Cette intronisation a pris place dans une
société et un échiquier politique radicalement différents de ce qu’ils étaient
sous les régimes précédents, y compris celui de Moubarak. L’Eglise et son
patriarche recadrent aujourd’hui leur position et redéfinissent leur action.
Depuis sa désignation, deux semaines avant sa consécration, Tawadros II a
multiplié les déclarations sur les questions-clés concernant la place des coptes
dans la société égyptienne.
Intraitable sur les questions liées à la
citoyenneté et aux libertés religieuses, il se présente en revanche comme un
patriarche mesuré sur le terrain politique, se démarquant de son prédécesseur en
recommandant plutôt qu’en interdisant ou en excommuniant.
Rejet d’un Etat
religieux
Sur l’actualité brûlante de la Constitution,
Tawadros II a tout d’abord rappelé que la revendication principale des coptes
était la construction d’une citoyenneté pleine et entière s’appliquant à
l’ensemble des Egyptiens. Il a ainsi prévenu, dès le lendemain de sa
désignation, qu’ «une Constitution qui suggère l’imposition d’un Etat religieux
en Egypte était absolument rejetée», et a appelé les forces nationales à
transcender leurs ambitions politiques pour rédiger une Constitution
consensuelle.
Il ajoute qu’une Constitution qui négligerait
une partie des citoyens égyptiens serait un frein au développement économique,
culturel et social de l’Egypte. Naguib Gabriel, président de l’Union égyptienne
des droits de l’homme, partage les craintes du pape Tawadros, notant : «Ce
projet de Constitution ne tient compte ni du caractère civil de l’Etat, ni des
droits de l’homme, ni des accords internationaux, et suscite des craintes non
seulement pour les coptes mais aussi pour tous les Egyptiens».

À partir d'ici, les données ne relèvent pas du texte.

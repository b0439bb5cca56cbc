-- ===== src/Hdlc.antt =====
-- kiss_modem/hdlc.h and kiss_modem/hdlc.cpp: the frame check sequence, the bit-stream decoder and
-- the encoder. A bit of the decoder's input and a level of the encoder's output are Booleans; the
-- bytes of `frame_buf_` before `frame_len_` are a list. Debug output is left out.
pub mod Table
pub mod Polynomial
pub mod Sync
pub mod Bounds
pub mod Stuffing
pub mod Encoding
pub mod RoundTrip
use ax25toolkit.Base.{
  ℕ, zero, suc, ◌+◌, ◌-◌, ◌*◌, ◌/◌, ◌%◌, ◌^◌, Bool, true, false, not, ◌&&◌, List, [], ◌∷◌, ◌++◌,
  Bytes, ltb, leb, ◌==◌, length, take, get_or, if◌then◌else◌, bit_and, bit_or, bit_xor,
}
use Table.{ccitt_table}

unfoldable pub fcs_loop : ℕ → Bytes → ℕ
fcs_loop crc [] = crc
fcs_loop crc (b ∷ bs) =
    fcs_loop (bit_xor (crc / 2 ^ 8) (get_or ccitt_table (bit_and (bit_xor crc b) 0xff) 0)) bs

unfoldable pub fcs_calc : Bytes → ℕ
unfolding fcs_loop
fcs_calc bytes = bit_xor (fcs_loop 0xffff bytes) 0xffff

abbrev pub max_frame : ℕ
max_frame = 330

abbrev pub flag : ℕ
flag = 0x7E

pub record Decoder : Type 0 where
  pub pat_det : ℕ
  pub olen : ℕ
  pub oacc : ℕ
  pub frame_buf : Bytes
  pub consecutive_ones : ℕ
  pub collecting : Bool

-- `init()`
abbrev pub init : Decoder
init = record {
  pat_det = 0;
  olen = 0;
  oacc = 0;
  frame_buf = [];
  consecutive_ones = 0;
  collecting = false;
}

-- A register of eight bits that is filled from the top.
abbrev pub shift_in : Bool → ℕ → ℕ
shift_in bit reg = if bit then bit_or (reg / 2) 0x80 else reg / 2

-- The frame that the buffer holds, without its check sequence, if that is right.
unfoldable pub checked : Bytes → List Bytes
checked buf =
    let n = length buf in
    let received = bit_or (get_or buf (n - 1) 0 * 2 ^ 8) (get_or buf (n - 2) 0) in
    let bytes = take (n - 2) buf in if received == fcs_calc bytes then bytes ∷ [] else []

-- At a flag: the frames for `on_frame_`, and the start of the next.
unfoldable pub at_flag : Decoder → Decoder × List Bytes
at_flag d = (
  record d { collecting = true; olen = 0; oacc = 0; frame_buf = []; consecutive_ones = 0 },
  if d.collecting && leb 17 (length d.frame_buf) then checked d.frame_buf else [],
)

-- A data bit, least significant first.
unfoldable pub accumulate : Bool → Decoder → Decoder
accumulate bit d =
    let oacc = shift_in bit d.oacc in
    if leb 8 (d.olen + 1)
    then (if ltb (length d.frame_buf) max_frame
        then record d { frame_buf = d.frame_buf ++ oacc ∷ []; olen = 0; oacc = 0 }
        else record d { collecting = false; frame_buf = []; olen = 0; oacc = 0 })
    else record d { oacc = oacc; olen = d.olen + 1 }

-- A one that completes no flag.
unfoldable pub receive_one : Decoder → Decoder
unfolding accumulate
receive_one d =
    let d1 = record d { consecutive_ones = d.consecutive_ones + 1 } in
    if leb 7 d1.consecutive_ones
    then record d1 { collecting = false; frame_buf = []; olen = 0 }
    else if not d1.collecting
    then d1
    else accumulate true d1

-- A zero that completes no flag; after five ones it was stuffed.
unfoldable pub receive_zero : Decoder → Decoder
unfolding accumulate
receive_zero d =
    let d1 = record d { consecutive_ones = 0 } in
    if not d.collecting then d1 else if d.consecutive_ones == 5 then d1 else accumulate false d1

unfoldable pub receive_bit : Bool → Decoder → Decoder × List Bytes
receive_bit bit d =
    let d1 = record d { pat_det = shift_in bit d.pat_det } in
    if d1.pat_det == flag then at_flag d1 else (if bit then receive_one d1 else receive_zero d1, [])

-- One bit after the other: the decoder and all frames.
unfoldable pub receive : List Bool → Decoder → Decoder × List Bytes
receive [] d = (d, [])
receive (b ∷ bs) d =
    let (d1, fs) = receive_bit b d in let (d2, gs) = receive bs d1 in (d2, fs ++ gs)

-- `levels` is what `on_bit_` was called with.
pub record Encoder : Type 0 where
  pub nrzi_state : Bool
  pub ones_count : ℕ
  pub levels : List Bool

unfoldable pub send_bit_nrzi : Bool → Encoder → Encoder
send_bit_nrzi bit e =
    let level = if bit then e.nrzi_state else not e.nrzi_state in
    record e { nrzi_state = level; levels = e.levels ++ level ∷ [] }

abbrev pub bit_of : ℕ → ℕ → Bool
bit_of byte i = bit_and (byte / 2 ^ i) 1 == 1

-- The eight rounds of a loop over the bits of a byte.
abbrev pub byte_bits : ℕ → List Bool
byte_bits b =
    bit_of b 0
    ∷ bit_of b 1
    ∷ bit_of b 2
    ∷ bit_of b 3
    ∷ bit_of b 4
    ∷ bit_of b 5
    ∷ bit_of b 6
    ∷ bit_of b 7
    ∷ []

unfoldable pub send_bits : List Bool → Encoder → Encoder
send_bits [] e = e
send_bits (b ∷ bs) e = send_bits bs (send_bit_nrzi b e)

unfoldable pub send_flag : Encoder → Encoder
send_flag e = send_bits (byte_bits flag) (record e { ones_count = 0 })

-- A data bit, and the zero that is stuffed behind the fifth one.
unfoldable pub send_stuffed : Bool → Encoder → Encoder
send_stuffed bit e =
    let e1 = send_bit_nrzi bit e in
    if bit
    then (let e2 = record e1 { ones_count = e1.ones_count + 1 } in
        if e2.ones_count == 5 then record (send_bit_nrzi false e2) { ones_count = 0 } else e2)
    else record e1 { ones_count = 0 }

unfoldable pub send_data_bits : List Bool → Encoder → Encoder
send_data_bits [] e = e
send_data_bits (b ∷ bs) e = send_data_bits bs (send_stuffed b e)

-- `send_byte_nrzi(byte, true)`; nobody calls it without stuffing.
unfoldable pub send_byte : ℕ → Encoder → Encoder
send_byte b e = send_data_bits (byte_bits b) e

unfoldable pub send_bytes : Bytes → Encoder → Encoder
send_bytes [] e = e
send_bytes (b ∷ bs) e = send_bytes bs (send_byte b e)

unfoldable pub send_flags : ℕ → Encoder → Encoder
send_flags zero e = e
send_flags (suc n) e = send_flags n (send_flag e)

-- The two bytes of the check sequence, the low one first.
abbrev pub fcs_bytes : Bytes → Bytes
fcs_bytes bytes = let fcs = fcs_calc bytes in bit_and fcs 0xff ∷ bit_and (fcs / 2 ^ 8) 0xff ∷ []

-- `send_frame`; `encode` collects the levels.
unfoldable pub encode : Bytes → ℕ → ℕ → List Bool
encode bytes preamble postamble =
    let e1 = send_flags preamble (record { nrzi_state = false; ones_count = 0; levels = [] }) in
    let e2 = send_bytes bytes (record e1 { ones_count = 0 }) in
    let e3 = send_bytes (fcs_bytes bytes) e2 in (send_flags postamble e3).levels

Sur le rôle de l’Eglise, le pape a tenu à
rappeler que, sous les régimes précédents, l’Eglise avait été acculée à jouer un
rôle politique devenant le relais entre le pouvoir et cette communauté pour
résoudre des problèmes qui relèvent normalement de la société civile, des
instances de l’Etat et du droit. Tawadros rappelle que ce n’est ni le rôle
normal de l’Eglise, ni de son pape, déclarant : «L’Eglise ne jouera pas de rôle
politique. La religion et la politique ne font pas bon ménage. Il est temps que
les coptes se placent sur la carte politique pour sauvegarder leurs droits».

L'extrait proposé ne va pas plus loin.